# Dating an Elgin...same old question



## Armadillo (Jun 25, 2010)

Hello folks,

I was wondering if anyone could answer the same old question for me:  What year is this Elgin?  I recently purchased it sight unseen assuming it was prewar or wartime.  Then I thought all Elgin's of that era had Truss rod forks.  Anyone have any input?  It's my first pre-1950's bike and I'm eager to clean it up.  

-A. 









http://i43.photobucket.com/albums/e369/orracle1/RAISING/Elgin2.jpg


----------



## RMS37 (Jun 25, 2010)

The bike is Westfield built so if you post the serial number from the bottom of the crank hanger it can be dated accurately. It is probably from just before or after the war. It looks like a good start but needs to have the fork straightened or replaced.


----------



## Armadillo (Jun 25, 2010)

Ack!  I didn't even notice how out of whack the fork looks.  And the dented fender is evidence to boot.  What are the chances of being able to straighten a bent fork tube? I guess it depends on whether or not it is cracked.  I'll report back with the serial number when I pick it up.  I might have to trade it for the Challenger in my other post.  

-A.


----------



## RMS37 (Jun 25, 2010)

Forks are generally repairable and there are several ways to fix them. There are a number of posts on this forum expressly about this question. The key to a good repair is to be carefull when you assess the damage to determine if the damage is only in the steerer tube or the fork blades or both and to make sure the repair adresses all the effected areas.


----------



## bairdco (Jun 25, 2010)

or you can just spin the bars around backwards and run it into a wall a coupla times.


----------



## 53Phantom (Jun 25, 2010)

Nice bike! Looks allot like my '42 Elgin but i think yours may be earlier.


----------



## Armadillo (Jul 1, 2010)

I finally took a minute to write down the serial number:  K 80867

If anyone can do something with that number, I would greatly appreciate it.  
I'm going to make some urethane dies for my flypress and gently bump the forks back into position cold.  It looks as thought the bend is mainly in the fork arms and not in the steer tube, but I haven't yet taken it apart.  

Thanks for the help.  

-A


----------



## Strings-n-Spokes (Jul 1, 2010)

bairdco said:


> or you can just spin the bars around backwards and run it into a wall a coupla times.



take the fender off first


----------



## RMS37 (Jul 1, 2010)

This is what i expected; K80867 falls in the Westfield serial number codes between K5000 and K256116 which are the serial numbers assigned to 1946. This means your bike was produced in roughly the first third of 1946 and is one of the very early postwar bikes sold by Sears under the Elgin brand before the cycle line was rebranded as J.C. Higgins.

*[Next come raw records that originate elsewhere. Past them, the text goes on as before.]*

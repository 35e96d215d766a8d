-- ===== src/Hotplug/NodeSet/Members.antt =====
-- Node sets as sets: what each operation does to membership, and the shape that all of them keep.
use kerrighed_tools.Base.{
  ℕ, zero, suc, ◌+◌, ◌≡◌, refl, ◌<◌, ◌≤◌, inl, inr, some, List, [], ◌∷◌, ℤ, pos, negsuc, length,
  get_or, set, if◌then◌else◌, eqb_ℤ, arith, ◌==◌, ◌&&◌, ltb, ◌∙◌, Bool-cases, pos_part,
}
use kerrighed_tools.Base.{length-set, get_or-set_self, get_or-set_ne, ==_iff}
use native.Mathlib.Decide.{dec_lt}
use kerrighed_tools.Hotplug.{in_range}
use kerrighed_tools.Hotplug.NodeSet.{
  NodeSet, marked, clear_from, clear, create, add, remove, contains,
}

-- The array has a byte for each node, and each byte is 0 or 1.
pub record IsValid (max_nodes : ℕ) (item : NodeSet) : Type 0 where
  pub size : length item.v ≡ max_nodes
  pub flags : (i : ℕ) → get_or item.v i 0 ≤ 1

pub get_or-set :
    (xs : List ℕ) (i j v : ℕ)
    → i < length xs
    → get_or (set xs i v) j 0 ≡ (if i == j then v else get_or xs j 0)
get_or-set xs i j v h = elim (Bool-cases (i == j)) [
  | inl same ↦ rw (same, ← ((==_iff i j).0 same)) (get_or-set_self xs i v 0 h)
  | inr other ↦ rw other (get_or-set_ne xs i j v 0 (λ e. ground arith))
]

set-flags :
    (xs : List ℕ) (i v j : ℕ) → v ≤ 1 → ((k : ℕ) → get_or xs k 0 ≤ 1) → get_or (set xs i v) j 0 ≤ 1
set-flags [] i v j h f = f j
set-flags (x ∷ xs) zero v zero h f = h
set-flags (x ∷ xs) zero v (suc j) h f = f (suc j)
set-flags (x ∷ xs) (suc i) v zero h f = f 0
set-flags (x ∷ xs) (suc i) v (suc j) h f = set-flags xs i v j h (λ k. f (suc k))

length-clear_from : (rounds bcl : ℕ) (v : List ℕ) → length (clear_from rounds bcl v) ≡ length v
unfolding clear_from
length-clear_from zero bcl v = refl
length-clear_from (suc rounds) bcl v =
    length-clear_from rounds (bcl + 1) (set v bcl 0) ∙ length-set v bcl 0

get_or_past : (xs : List ℕ) (j : ℕ) → length xs ≤ j → get_or xs j 0 ≡ 0
get_or_past [] j h = refl
get_or_past (x ∷ xs) zero h = absurd (omega arith)
get_or_past (x ∷ xs) (suc j) h = get_or_past xs j (omega arith)

clear_from-zero :
    (rounds bcl : ℕ) (v : List ℕ)
    → bcl + rounds ≡ length v
    → ((j : ℕ) → j < bcl → get_or v j 0 ≡ 0)
    → (j : ℕ) → get_or (clear_from rounds bcl v) j 0 ≡ 0
unfolding clear_from
clear_from-zero zero bcl v e below j = elim (dec_lt j bcl) [
  | yes p ↦ below j p
  | no p ↦ get_or_past v j (omega arith)
]
clear_from-zero (suc rounds) bcl v e below j =
    clear_from-zero rounds (bcl + 1) (set v bcl 0) (rw length-set (omega arith))
      (λ i lt. rw (get_or-set v bcl i 0 (omega arith)) (ground (arith, below i))) j

module _ (max_nodes : ℕ) where
  -- A byte that passes the test of the loops is a member, and the other way round.
  pub marked-contains :
      (item : NodeSet) (i : ℕ)
      → i < max_nodes
      → IsValid max_nodes item
      → contains max_nodes item (pos i) ≡ (if marked item i then 1 else 0)
  unfolding contains
  marked-contains item i h v = ground (arith, v.flags i)

  pub clear-IsValid :
      (item : NodeSet) → length item.v ≡ max_nodes → IsValid max_nodes (clear max_nodes item)
  unfolding clear
  clear-IsValid item e = record {
    size = length-clear_from max_nodes 0 item.v ∙ e;
    flags = λ i.
        omega
          (arith, clear_from-zero max_nodes 0 item.v (omega arith) (λ j h. absurd (omega arith)) i);
  }

  -- When both allocations succeed, whatever bytes they hold, `krg_node_set_create` returns a
  -- well-formed set of subcluster 0 that contains no node.
  pub create_lem :
      (id : ℤ) (block : List ℕ)
      → length block ≡ max_nodes
      → (item : NodeSet) × (create max_nodes (some id) (some block) ≡ some item)
        × IsValid max_nodes item
        × (item.subclusterid ≡ pos 0)
        × ((n : ℤ) → contains max_nodes item n ≡ 0)
  unfolding create
  create_lem id block e =
      (clear max_nodes item, refl, clear-IsValid item e, unfold clear in refl, empty)
    where
      item : NodeSet
      item = record { subclusterid = id; v = block }

      empty : (n : ℤ) → contains max_nodes (clear max_nodes item) n ≡ 0
      empty (negsuc n) = unfold contains in refl
      empty (pos n) =
          unfold contains clear in
          ground (
            arith,
            clear_from-zero max_nodes 0 block (omega arith) (λ j lt. absurd (omega arith)) n,
          )

  -- `krg_node_set_add` keeps a well-formed set well-formed, for any C int.
  pub add-IsValid :
      (item : NodeSet) (n : ℤ) → IsValid max_nodes item → IsValid max_nodes (add max_nodes item n).0
  unfolding add
  add-IsValid item n v = elim (Bool-cases (in_range max_nodes n)) [
    | inl t ↦ rw t (record {
      size = length-set item.v (pos_part n) 1 ∙ v.size;
      flags = λ i. set-flags item.v (pos_part n) 1 i (omega arith) v.flags;
    })
    | inr t ↦ rw t v
  ]

  -- So does `krg_node_set_remove`.
  pub remove-IsValid :
      (item : NodeSet) (n : ℤ)
      → IsValid max_nodes item
      → IsValid max_nodes (remove max_nodes item n).0
  unfolding remove
  remove-IsValid item n v = elim (Bool-cases (in_range max_nodes n)) [
    | inl t ↦ rw t (record {
      size = length-set item.v (pos_part n) 0 ∙ v.size;
      flags = λ i. set-flags item.v (pos_part n) 0 i (omega arith) v.flags;
    })
    | inr t ↦ rw t v
  ]

  -- After `krg_node_set_add(item, n)` a well-formed set contains what it contained and, if `n` is in range,
  -- also `n`; out of range nothing is added. This holds for every queried C int `m`.
  pub contains-add :
      (item : NodeSet) (n m : ℤ)
      → IsValid max_nodes item
      → contains max_nodes (add max_nodes item n).0 m
        ≡ (if in_range max_nodes n && eqb_ℤ n m then 1 else contains max_nodes item m)
  unfolding add contains
  contains-add item (negsuc n) m v = refl
  contains-add item (pos n) (negsuc m) v = ground arith
  contains-add item (pos n) (pos m) v = elim (Bool-cases (ltb n max_nodes)) [
    | inl t ↦ rw (t, get_or-set item.v n m 1 (ground (arith, v.size))) (ground arith)
    | inr t ↦ rw t refl
  ]

  -- After `krg_node_set_remove(item, n)` a well-formed set contains what it contained except `n`; this holds
  -- for every queried C int `m`, in range or not.
  pub contains-remove :
      (item : NodeSet) (n m : ℤ)
      → IsValid max_nodes item
      → contains max_nodes (remove max_nodes item n).0 m
        ≡ (if eqb_ℤ n m then 0 else contains max_nodes item m)
  unfolding remove contains
  contains-remove item (negsuc n) (negsuc m) v = ground arith
  contains-remove item (negsuc n) (pos m) v = refl
  contains-remove item (pos n) (negsuc m) v = ground arith
  contains-remove item (pos n) (pos m) v = elim (Bool-cases (ltb n max_nodes)) [
    | inl t ↦ rw (t, get_or-set item.v n m 0 (ground (arith, v.size))) (ground arith)
    | inr t ↦ rw t (ground arith)
  ]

The first bikes out the door after WW2 were generally simply equipped in an attempt to turn as much raw material into as many saleable units as possible. Many of the deluxe features that characterize postwar bicycles were gradually added as content during the later 40's


----------



## RMS37 (Jul 1, 2010)

It looks like the rear hub may be a Morrow, if so the hub should have a date code consisting of a letter followed by a number (1 through 4, indicating the year and quarter the hub was produced). In another post I have been trying to determine when Morrow returned to chrome finished hubs after producing black "parkerized" hubs during the war.


----------



## Armadillo (Jul 1, 2010)

Phil,

Wow, that is tremendous information.  I'm very excited about fixing this bike up and knowing quite a bit more about it is very helpful.  

-A


----------



## Armadillo (Jul 22, 2010)

Hey everyone, 

I just picked up a Hawthorne that looks to be of the same era as my elgin.  Strangely, to my eye which I thought I had trained to identify at least the general frame characteristics associated with different names,  my Hawthorne side by side with my Elgin is remarkably similar.  I understand that single companies were making frames for different sellers, but I didn't realize the frame design could be so close in form.


----------